Source material.

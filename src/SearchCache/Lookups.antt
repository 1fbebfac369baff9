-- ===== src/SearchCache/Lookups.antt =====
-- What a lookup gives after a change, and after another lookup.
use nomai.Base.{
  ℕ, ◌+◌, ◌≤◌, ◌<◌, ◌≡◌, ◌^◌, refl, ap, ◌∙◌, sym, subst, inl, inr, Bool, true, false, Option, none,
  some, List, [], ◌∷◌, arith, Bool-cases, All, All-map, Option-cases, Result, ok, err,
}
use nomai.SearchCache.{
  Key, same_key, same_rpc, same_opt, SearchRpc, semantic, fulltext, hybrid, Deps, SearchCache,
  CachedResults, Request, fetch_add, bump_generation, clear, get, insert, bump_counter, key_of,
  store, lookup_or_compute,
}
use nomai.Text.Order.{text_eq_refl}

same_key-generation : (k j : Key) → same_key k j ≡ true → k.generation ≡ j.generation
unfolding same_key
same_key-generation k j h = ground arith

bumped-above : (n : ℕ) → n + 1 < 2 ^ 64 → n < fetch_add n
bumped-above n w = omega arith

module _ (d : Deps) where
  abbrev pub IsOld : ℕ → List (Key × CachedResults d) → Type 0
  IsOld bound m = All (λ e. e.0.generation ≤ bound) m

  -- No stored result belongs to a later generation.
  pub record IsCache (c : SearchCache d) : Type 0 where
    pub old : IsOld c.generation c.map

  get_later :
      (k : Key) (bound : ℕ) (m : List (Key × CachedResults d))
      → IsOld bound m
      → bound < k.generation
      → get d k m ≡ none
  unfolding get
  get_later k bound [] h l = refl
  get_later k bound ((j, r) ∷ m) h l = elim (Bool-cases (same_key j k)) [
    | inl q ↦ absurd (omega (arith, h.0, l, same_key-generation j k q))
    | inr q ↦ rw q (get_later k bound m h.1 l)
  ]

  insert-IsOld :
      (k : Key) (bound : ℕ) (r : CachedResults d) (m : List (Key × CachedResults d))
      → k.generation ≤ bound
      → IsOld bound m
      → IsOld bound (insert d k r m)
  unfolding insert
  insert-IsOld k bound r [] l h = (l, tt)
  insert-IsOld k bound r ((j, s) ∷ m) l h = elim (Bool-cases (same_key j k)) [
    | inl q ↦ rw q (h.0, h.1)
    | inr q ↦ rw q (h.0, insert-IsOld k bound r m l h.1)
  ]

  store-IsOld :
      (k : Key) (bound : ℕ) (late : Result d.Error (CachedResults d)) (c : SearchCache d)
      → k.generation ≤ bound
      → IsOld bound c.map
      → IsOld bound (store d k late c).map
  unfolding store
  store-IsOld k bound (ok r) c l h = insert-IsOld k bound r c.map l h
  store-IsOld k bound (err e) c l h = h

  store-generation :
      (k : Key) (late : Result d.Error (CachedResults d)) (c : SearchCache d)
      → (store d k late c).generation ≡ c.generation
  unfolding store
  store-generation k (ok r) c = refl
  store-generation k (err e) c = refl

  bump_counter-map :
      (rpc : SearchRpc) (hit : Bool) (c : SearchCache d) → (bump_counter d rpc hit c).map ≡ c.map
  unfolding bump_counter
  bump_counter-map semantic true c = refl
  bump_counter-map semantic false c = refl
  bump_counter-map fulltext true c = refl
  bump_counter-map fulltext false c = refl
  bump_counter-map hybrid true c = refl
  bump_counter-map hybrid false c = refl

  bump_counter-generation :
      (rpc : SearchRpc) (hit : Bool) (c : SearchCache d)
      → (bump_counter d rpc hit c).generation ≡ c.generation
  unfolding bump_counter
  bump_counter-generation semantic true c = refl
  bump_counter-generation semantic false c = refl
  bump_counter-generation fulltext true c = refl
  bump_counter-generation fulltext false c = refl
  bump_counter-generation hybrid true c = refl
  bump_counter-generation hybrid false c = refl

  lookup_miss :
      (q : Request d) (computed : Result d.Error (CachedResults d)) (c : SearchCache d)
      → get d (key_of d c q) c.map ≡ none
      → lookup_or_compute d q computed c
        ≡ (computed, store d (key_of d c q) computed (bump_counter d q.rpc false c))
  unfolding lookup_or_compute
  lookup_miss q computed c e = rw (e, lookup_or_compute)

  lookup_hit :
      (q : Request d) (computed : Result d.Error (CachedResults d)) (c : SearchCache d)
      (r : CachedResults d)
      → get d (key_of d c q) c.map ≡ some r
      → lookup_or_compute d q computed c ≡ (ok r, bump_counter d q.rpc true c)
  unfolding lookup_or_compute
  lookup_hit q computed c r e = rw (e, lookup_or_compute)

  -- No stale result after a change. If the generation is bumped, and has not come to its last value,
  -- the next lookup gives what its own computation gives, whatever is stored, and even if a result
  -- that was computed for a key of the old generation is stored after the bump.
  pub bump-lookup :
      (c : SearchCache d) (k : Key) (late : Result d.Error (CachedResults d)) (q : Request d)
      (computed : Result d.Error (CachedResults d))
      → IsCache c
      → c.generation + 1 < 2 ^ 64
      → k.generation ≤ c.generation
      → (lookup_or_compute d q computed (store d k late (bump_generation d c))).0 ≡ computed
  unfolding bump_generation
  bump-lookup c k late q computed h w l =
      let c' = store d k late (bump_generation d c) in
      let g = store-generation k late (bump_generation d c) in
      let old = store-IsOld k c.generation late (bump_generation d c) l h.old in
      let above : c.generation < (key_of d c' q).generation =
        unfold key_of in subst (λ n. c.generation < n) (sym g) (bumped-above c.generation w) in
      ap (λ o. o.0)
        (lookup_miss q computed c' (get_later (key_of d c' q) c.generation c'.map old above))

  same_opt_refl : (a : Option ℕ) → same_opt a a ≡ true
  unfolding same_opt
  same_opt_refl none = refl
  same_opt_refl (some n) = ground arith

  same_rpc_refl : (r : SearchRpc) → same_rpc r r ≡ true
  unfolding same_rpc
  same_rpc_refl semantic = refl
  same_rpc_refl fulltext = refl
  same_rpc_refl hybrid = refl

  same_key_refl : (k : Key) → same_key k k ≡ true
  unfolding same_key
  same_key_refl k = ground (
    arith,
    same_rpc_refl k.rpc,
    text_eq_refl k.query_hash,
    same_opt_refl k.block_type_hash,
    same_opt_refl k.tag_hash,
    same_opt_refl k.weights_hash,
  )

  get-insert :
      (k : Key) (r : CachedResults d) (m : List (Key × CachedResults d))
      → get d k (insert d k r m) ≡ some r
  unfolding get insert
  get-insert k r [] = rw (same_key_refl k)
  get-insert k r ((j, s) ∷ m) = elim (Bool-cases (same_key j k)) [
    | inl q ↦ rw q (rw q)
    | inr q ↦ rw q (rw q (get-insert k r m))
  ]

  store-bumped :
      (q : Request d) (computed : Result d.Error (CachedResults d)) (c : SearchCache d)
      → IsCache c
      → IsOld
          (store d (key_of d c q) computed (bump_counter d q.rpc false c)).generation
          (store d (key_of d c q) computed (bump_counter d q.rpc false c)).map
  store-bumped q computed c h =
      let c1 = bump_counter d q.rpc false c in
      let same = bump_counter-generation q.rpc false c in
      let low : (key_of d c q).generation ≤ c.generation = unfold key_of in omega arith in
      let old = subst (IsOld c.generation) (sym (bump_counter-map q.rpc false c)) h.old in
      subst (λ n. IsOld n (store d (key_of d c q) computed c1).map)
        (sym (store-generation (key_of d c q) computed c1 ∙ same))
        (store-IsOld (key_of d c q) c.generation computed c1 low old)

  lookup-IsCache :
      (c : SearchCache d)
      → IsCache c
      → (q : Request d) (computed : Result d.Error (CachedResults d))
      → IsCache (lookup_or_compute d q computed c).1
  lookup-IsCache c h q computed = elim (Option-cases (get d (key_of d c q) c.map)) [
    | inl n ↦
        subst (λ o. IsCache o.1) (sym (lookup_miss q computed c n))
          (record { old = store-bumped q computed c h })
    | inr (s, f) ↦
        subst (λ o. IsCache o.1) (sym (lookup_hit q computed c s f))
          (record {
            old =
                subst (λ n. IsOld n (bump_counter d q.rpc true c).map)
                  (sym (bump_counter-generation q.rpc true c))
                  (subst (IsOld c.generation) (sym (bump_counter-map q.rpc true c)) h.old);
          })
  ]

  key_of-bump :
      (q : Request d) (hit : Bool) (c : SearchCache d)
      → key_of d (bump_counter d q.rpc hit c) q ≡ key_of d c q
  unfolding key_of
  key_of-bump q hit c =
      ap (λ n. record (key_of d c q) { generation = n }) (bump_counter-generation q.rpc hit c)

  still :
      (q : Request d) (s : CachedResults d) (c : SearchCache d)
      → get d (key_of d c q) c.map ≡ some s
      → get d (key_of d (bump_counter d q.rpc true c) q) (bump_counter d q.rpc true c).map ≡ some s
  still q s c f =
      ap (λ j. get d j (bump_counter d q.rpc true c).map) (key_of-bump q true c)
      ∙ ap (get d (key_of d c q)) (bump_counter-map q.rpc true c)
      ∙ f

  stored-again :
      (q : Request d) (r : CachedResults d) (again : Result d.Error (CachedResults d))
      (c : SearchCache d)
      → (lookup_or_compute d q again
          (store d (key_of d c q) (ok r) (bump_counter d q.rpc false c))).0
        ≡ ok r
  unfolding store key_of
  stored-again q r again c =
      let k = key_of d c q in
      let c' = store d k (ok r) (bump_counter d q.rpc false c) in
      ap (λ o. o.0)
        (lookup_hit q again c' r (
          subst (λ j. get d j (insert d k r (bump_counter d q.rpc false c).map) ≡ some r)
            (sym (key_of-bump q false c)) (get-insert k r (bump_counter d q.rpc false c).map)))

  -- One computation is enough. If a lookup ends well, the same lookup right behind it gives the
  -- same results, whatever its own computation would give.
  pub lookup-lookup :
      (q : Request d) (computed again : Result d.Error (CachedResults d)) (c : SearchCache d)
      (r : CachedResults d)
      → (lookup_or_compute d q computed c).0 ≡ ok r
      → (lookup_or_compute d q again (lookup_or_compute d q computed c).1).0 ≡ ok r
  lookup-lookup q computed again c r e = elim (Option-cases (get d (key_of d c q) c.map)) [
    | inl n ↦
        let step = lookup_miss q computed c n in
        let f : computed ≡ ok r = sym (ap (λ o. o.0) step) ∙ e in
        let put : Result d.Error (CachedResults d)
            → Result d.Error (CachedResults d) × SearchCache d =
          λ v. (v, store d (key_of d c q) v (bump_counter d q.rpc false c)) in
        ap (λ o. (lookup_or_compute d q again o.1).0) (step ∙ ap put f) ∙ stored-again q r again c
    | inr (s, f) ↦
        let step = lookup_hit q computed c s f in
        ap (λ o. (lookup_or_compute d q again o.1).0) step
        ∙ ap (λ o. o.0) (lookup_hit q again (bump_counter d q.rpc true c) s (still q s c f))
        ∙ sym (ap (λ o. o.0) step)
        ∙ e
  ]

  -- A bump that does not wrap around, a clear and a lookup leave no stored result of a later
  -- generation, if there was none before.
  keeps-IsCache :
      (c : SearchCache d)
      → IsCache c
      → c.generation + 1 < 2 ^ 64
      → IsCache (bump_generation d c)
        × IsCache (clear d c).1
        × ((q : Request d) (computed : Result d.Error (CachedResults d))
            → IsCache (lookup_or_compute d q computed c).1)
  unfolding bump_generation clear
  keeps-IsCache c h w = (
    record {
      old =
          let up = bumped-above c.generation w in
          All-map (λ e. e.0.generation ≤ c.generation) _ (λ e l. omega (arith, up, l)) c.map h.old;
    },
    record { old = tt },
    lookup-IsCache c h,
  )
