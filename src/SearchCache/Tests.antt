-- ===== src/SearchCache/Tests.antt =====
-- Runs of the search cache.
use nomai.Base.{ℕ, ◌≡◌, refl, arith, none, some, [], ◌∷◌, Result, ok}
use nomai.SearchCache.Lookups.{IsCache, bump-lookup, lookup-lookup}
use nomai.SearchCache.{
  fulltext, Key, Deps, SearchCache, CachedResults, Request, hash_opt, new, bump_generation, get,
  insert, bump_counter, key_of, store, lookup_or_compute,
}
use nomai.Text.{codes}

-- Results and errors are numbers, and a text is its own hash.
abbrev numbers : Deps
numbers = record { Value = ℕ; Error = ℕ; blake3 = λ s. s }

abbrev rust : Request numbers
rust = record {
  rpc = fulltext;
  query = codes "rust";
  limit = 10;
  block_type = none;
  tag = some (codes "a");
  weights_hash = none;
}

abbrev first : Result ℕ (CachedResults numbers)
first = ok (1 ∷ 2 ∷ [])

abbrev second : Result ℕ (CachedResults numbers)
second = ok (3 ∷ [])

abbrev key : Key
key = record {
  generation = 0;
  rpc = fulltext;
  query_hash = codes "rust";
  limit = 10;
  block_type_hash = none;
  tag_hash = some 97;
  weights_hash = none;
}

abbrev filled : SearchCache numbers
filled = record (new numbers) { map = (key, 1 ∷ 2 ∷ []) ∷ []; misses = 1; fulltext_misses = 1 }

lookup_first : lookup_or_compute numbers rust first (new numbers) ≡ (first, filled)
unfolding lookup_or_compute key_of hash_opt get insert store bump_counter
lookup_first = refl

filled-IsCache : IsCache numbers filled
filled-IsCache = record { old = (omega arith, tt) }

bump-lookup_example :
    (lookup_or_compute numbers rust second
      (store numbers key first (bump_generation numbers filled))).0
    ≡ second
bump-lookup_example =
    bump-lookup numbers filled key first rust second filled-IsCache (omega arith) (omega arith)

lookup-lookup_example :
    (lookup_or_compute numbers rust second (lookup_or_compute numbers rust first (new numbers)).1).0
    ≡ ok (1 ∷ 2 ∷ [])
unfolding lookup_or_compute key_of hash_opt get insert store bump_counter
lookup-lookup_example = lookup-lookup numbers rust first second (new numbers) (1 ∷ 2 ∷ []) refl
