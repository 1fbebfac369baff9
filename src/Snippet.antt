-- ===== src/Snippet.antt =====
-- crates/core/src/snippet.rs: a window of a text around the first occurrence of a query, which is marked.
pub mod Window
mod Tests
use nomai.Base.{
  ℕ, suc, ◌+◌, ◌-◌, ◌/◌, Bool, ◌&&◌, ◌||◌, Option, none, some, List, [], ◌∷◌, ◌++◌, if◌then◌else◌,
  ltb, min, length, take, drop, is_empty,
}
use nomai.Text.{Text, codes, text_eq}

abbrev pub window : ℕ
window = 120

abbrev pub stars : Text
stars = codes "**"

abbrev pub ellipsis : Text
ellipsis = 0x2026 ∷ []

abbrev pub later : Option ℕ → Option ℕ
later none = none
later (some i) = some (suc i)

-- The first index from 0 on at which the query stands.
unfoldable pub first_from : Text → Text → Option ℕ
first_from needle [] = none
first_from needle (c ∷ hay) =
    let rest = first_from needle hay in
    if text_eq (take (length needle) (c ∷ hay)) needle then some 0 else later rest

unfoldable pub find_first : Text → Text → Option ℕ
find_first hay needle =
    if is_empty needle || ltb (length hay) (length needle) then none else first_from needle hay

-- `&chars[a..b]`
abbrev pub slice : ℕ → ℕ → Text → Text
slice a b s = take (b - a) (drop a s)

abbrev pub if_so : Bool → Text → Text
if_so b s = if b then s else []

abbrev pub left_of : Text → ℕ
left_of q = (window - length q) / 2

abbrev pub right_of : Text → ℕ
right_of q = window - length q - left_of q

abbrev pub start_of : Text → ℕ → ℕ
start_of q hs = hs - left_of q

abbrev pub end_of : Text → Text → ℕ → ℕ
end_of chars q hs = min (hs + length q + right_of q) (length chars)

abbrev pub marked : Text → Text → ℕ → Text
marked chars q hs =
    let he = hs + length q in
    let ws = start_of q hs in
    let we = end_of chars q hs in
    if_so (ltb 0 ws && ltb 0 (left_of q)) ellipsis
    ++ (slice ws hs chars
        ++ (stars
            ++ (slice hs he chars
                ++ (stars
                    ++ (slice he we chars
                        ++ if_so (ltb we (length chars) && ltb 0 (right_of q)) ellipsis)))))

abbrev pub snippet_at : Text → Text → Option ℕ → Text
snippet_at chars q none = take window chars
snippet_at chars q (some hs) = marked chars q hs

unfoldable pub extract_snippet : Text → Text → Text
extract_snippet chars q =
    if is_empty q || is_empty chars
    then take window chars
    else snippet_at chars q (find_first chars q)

What you need to do.
To answer, copy each line from the material above that has the word "semantic".

Answer box.
  Key, same_key, same_rpc, same_opt, SearchRpc, semantic, fulltext, hybrid, Deps, SearchCache,
  bump_counter-map semantic true c = refl
  bump_counter-map semantic false c = refl
  bump_counter-generation semantic true c = refl
  bump_counter-generation semantic false c = refl
  same_rpc_refl semantic = refl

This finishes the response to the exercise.